Data supplied
-- ===== src/Calls/Names/Outwards.antt =====
-- The loop outwards of `_resolve_simple` in src/java_codebase_rag/graph/build_ast_graph.py.
use jrag.Base.{
  ℕ, zero, suc, ◌<◌, Option, none, some, ◌≡◌, refl, sym, subst, arith, inl, inr, Option-cases,
  length, Text,
}
use jrag.Calls.{Table, get, TypeEntry}
use jrag.Calls.Names.{dotted, or_else, outer_of, text_length, nested_in}

-- The type around a type has a shorter name.
abbrev pub IsNested : Table TypeEntry → Type 0
IsNested types = (t o : Text) → outer_of (get t types) ≡ some o → length o < length t

module _ (types : Table TypeEntry) (bare : Text) where
  -- A name is so many types outwards from another; all on the way are in the tables.
  pub data Around : Option Text → ℕ → Text → Type 0 where
    here : {o : Text} (entry : TypeEntry) → get o types ≡ some entry → Around (some o) zero o
    out :
        {o p : Text} {n : ℕ} (entry : TypeEntry)
        → get o types ≡ some entry
        → Around entry.outer_fqn n p
        → Around (some o) (suc n) p

  -- The type of a bare name that stands in the innermost of the types from one outwards, or none if it stands in no
  -- such type.
  pub data Innermost (outer : Option Text) : Option TypeEntry → Type 0 where
    found :
        (n : ℕ) (p : Text) (e : TypeEntry)
        → Around outer n p
        → get (dotted p bare) types ≡ some e
        → ((m : ℕ) (q : Text) → m < n → Around outer m q → get (dotted q bare) types ≡ none)
        → Innermost outer (some e)
    missing :
        ((n : ℕ) (p : Text) → Around outer n p → get (dotted p bare) types ≡ none)
        → Innermost outer none

  none-Around : (n : ℕ) (p : Text) → ¬ Around none n p
  none-Around n p a = elim a [ ]

  unknown-Around : (o : Text) (n : ℕ) (p : Text) → get o types ≡ none → ¬ Around (some o) n p
  unknown-Around o zero p h (here entry e) = cc (h, e)
  unknown-Around o (suc n) p h (out entry e a) = cc (h, e)

  nested_in-none : (fuel : ℕ) → nested_in types bare fuel none ≡ none
  unfolding nested_in
  nested_in-none zero = refl
  nested_in-none (suc fuel) = refl

  same_entry : (o : Text) (e f : TypeEntry) → get o types ≡ some e → get o types ≡ some f → e ≡ f
  same_entry o e f h k = cc (h, k)

  -- Where the name stands neither in a type nor in fewer types outwards from it.
  none_within :
      (o : Text) (entry : TypeEntry) (limit : ℕ)
      → get o types ≡ some entry
      → get (dotted o bare) types ≡ none
      → ((n : ℕ) (p : Text)
          → n < limit
          → Around entry.outer_fqn n p
          → get (dotted p bare) types ≡ none)
      → (n : ℕ) (p : Text) → n < suc limit
      → Around (some o) n p
      → get (dotted p bare) types ≡ none
  none_within o entry limit h k rest zero p l (here e g) = k
  none_within o entry limit h k rest (suc n) p l (out e g a) =
      rest n p (omega (arith, l))
        (subst (λ (t : TypeEntry). Around t.outer_fqn n p) (same_entry o e entry g h) a)

  -- One type further in, where the name does not stand in it.
  inwards :
      (o : Text) (entry : TypeEntry) (r : Option TypeEntry)
      → get o types ≡ some entry
      → get (dotted o bare) types ≡ none
      → Innermost entry.outer_fqn r
      → Innermost (some o) r
  inwards o entry none h k (missing all) =
      missing (λ n p a. none_within o entry n h k (λ m q l b. all m q b) n p (omega arith) a)
  inwards o entry (some f) h k (found n p e a g all) =
      found (suc n) p f (out entry h a) g (none_within o entry n h k all)

  -- One turn of the loop.
  turn :
      (o : Text) (here_found own further : Option TypeEntry)
      → get o types ≡ own
      → get (dotted o bare) types ≡ here_found
      → Innermost (outer_of own) further
      → Innermost (some o) (elim own as (λ x. Option TypeEntry) [
        | none ↦ none
        | some entry ↦ or_else here_found further
      ])
  turn o here_found none further e g i = missing (λ n p a. absurd (unknown-Around o n p e a))
  turn o none (some entry) further e g i = inwards o entry further e g i
  turn o (some f) (some entry) further e g i =
      found zero o f (here entry e) g (λ m q l a. ground (arith, l))

  -- Where the type around a type has a shorter name, and the fuel exceeds the length of the outer name: the loop
  -- returns the type of the bare name in the innermost of the types from the outer one outwards in which it stands,
  -- through types of the tables only, and none exactly if it stands in none of them.
  pub nested_in-Innermost :
      IsNested types
      → (fuel : ℕ) (outer : Option Text) → text_length outer < fuel
      → Innermost outer (nested_in types bare fuel outer)
  unfolding nested_in
  nested_in-Innermost nested zero outer h = ground (arith, h)
  nested_in-Innermost nested (suc fuel) none h = missing (λ n p a. absurd (none-Around n p a))
  nested_in-Innermost nested (suc fuel) (some o) h =
      let further : Innermost (outer_of (get o types))
          (nested_in types bare fuel (outer_of (get o types))) =
        elim (Option-cases (outer_of (get o types))) [
          | inl u ↦
              subst (λ t. Innermost t (nested_in types bare fuel t)) (sym u)
                (rw (nested_in-none fuel) (missing (λ n p a. absurd (none-Around n p a))))
          | inr (p, u) ↦
              subst (λ t. Innermost t (nested_in types bare fuel t)) (sym u)
                (nested_in-Innermost nested fuel (some p) (omega (arith, h, nested o p u)))
        ] in
      turn o (get (dotted o bare) types) (get o types) _ refl refl further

Exercise description
In the data above, retype exactly and only the lines between the one holding "nested_in-none zero = refl" and the one holding "(o : Text) (entry : TypeEntry) (r", inclusive.

Answer to this task
  nested_in-none zero = refl
  nested_in-none (suc fuel) = refl

  same_entry : (o : Text) (e f : TypeEntry) → get o types ≡ some e → get o types ≡ some f → e ≡ f
  same_entry o e f h k = cc (h, k)

  -- Where the name stands neither in a type nor in fewer types outwards from it.
  none_within :
      (o : Text) (entry : TypeEntry) (limit : ℕ)
      → get o types ≡ some entry
      → get (dotted o bare) types ≡ none
      → ((n : ℕ) (p : Text)
          → n < limit
          → Around entry.outer_fqn n p
          → get (dotted p bare) types ≡ none)
      → (n : ℕ) (p : Text) → n < suc limit
      → Around (some o) n p
      → get (dotted p bare) types ≡ none
  none_within o entry limit h k rest zero p l (here e g) = k
  none_within o entry limit h k rest (suc n) p l (out e g a) =
      rest n p (omega (arith, l))
        (subst (λ (t : TypeEntry). Around t.outer_fqn n p) (same_entry o e entry g h) a)

  -- One type further in, where the name does not stand in it.
  inwards :
      (o : Text) (entry : TypeEntry) (r : Option TypeEntry)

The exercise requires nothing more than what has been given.